Based on my observation of "older", (I'd prefer to use "senior" or "experienced") programmers, I'd say they fall into two camps:
(a) The guys with 20+ years of experience, who is comfortable with his technical competence and does not want to move into management. They stay current on what they need automatically, and get the job done.
(b) The guys with 1 years experience 20 times.
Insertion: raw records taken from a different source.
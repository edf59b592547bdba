-- ===== src/Interpreter/Jump.antt =====
-- Where a jump of src/runtime/Interpreter.cpp lands among the live frames.
use sapo_engine.Prelude.{
  ℕ, zero, suc, String, ◌≡◌, ◌≢◌, refl, ap, false, Option, none, some, List, [], ◌∷◌, str_eq,
  eq_iff, arith, get_elem?, Bool-cases, Option-cases, inl, inr,
}
use sapo_engine.Interpreter.State.{Frame, FrameKind, loop, LoopState, RunState}
use sapo_engine.Interpreter.Frames.{
  bump, index_of_id, bind_iteration, bind_if_loop, enter_frame, jump_into, resolve_jump,
}

later_index : (o : Option ℕ) → bump o ≢ some 0
later_index none = λ e. cc
later_index (some i) = λ e. cc

pub index_of_id-get_elem? :
    (ids : List String) (id : String) (i : ℕ)
    → index_of_id ids id ≡ some i
    → get_elem? ids i ≡ some id
unfolding index_of_id
index_of_id-get_elem? [] id i h = cc
index_of_id-get_elem? (x ∷ xs) id zero h = elim (Bool-cases (str_eq x id)) [
  | inl same ↦ ap some ((eq_iff x id).0 same)
  | inr other ↦ ground (arith, other, later_index (index_of_id xs id))
]
index_of_id-get_elem? (x ∷ xs) id (suc i) h =
    ground (arith, index_of_id-get_elem? xs id i, later_index (index_of_id xs id))

-- The frames after a jump, from the frames before it: the innermost frame whose body has the
-- target is stepped to it, and the frames nested inside that one are gone.
pub data Lands (target : String) : List Frame → List Frame → Type 0 where
  nowhere : Lands target [] []
  here :
      {f : Frame} {outer : List Frame} (i : ℕ)
      → index_of_id f.ids target ≡ some i
      → Lands target (f ∷ outer) (record f { position = i } ∷ outer)
  outside :
      {f : Frame} {outer after : List Frame}
      → index_of_id f.ids target ≡ none
      → Lands target outer after
      → Lands target (f ∷ outer) after

not_empty : (target : String) → target ≢ "" → str_eq target "" ≡ false
not_empty target named = ground (arith, eq_iff target "")

module _ {C : Type 0} where
  frames-bind_if_loop :
      (k : FrameKind) (ls : LoopState) (st : RunState C) → (bind_if_loop k ls st).frames ≡ st.frames
  unfolding bind_if_loop bind_iteration
  frames-bind_if_loop loop ls st = refl
  frames-bind_if_loop _ ls st = refl

  jump_into-Lands :
      (target : String) (st : RunState C) (frames : List Frame)
      → (Lands target frames (jump_into target st frames).frames)
        × ((jump_into target st frames).cursor ≡ target)
  unfolding jump_into enter_frame
  jump_into-Lands target st [] = (Lands.nowhere, refl)
  jump_into-Lands target st (f ∷ outer) = elim (Option-cases (index_of_id f.ids target)) [
    | inl no_index ↦
        let (lands, at) = jump_into-Lands target st outer in
        rw no_index (Lands.outside no_index lands, at)
    | inr (i, found) ↦ rw found (
        rw
          (frames-bind_if_loop f.kind f.loop_state
            (record st { frames = record f { position = i } ∷ outer }))
          (Lands.here i found, refl))
  ]

  -- A jump to a named node puts the cursor there. The innermost live frame whose body holds the
  -- node is stepped to it, the frames inside that one are dropped and those around it are kept as
  -- they are; where no live frame holds the node, every frame is left.
  pub resolve_jump-Lands :
      (target : String) (st : RunState C)
      → target ≢ ""
      → (Lands target st.frames (resolve_jump st target).frames)
        × ((resolve_jump st target).cursor ≡ target)
  unfolding resolve_jump
  resolve_jump-Lands target st named =
      rw (not_empty target named) (jump_into-Lands target st st.frames)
They stopping learning a long time ago, and you cannot help them.
So the first group is your target; what I've often observed is that their meeting and PM skills could be improved; hence their contributions (direct and indirect : how often have you seen a "senior guy" make a quiet suggestion that headed-off disaster?) are persistently under-estimated...
I want design problems to keep them up at night.
The reality is probably that your personality flaws and the problems they cause are keeping them up at night.
Design problems are fun for everybody, regardless of age.
Dealing with easily avoidable problems caused by dipshits in decission-making positions ignoring or even overriding rational solutions is fun only for those people young enough to not yet have learned the reality of idiot bosses.
You won't believe how many times I've encountered non-issues labeled as "critical" by a manager (because not being able to showcase a feature nobody needs to a new prospective client is somehow "critical") which was promptly forgotten about by same manager a day later.
The only difference is that old engineers have learned to focus on getting stuff done instead of jumping through whatever latest bullshit hoops.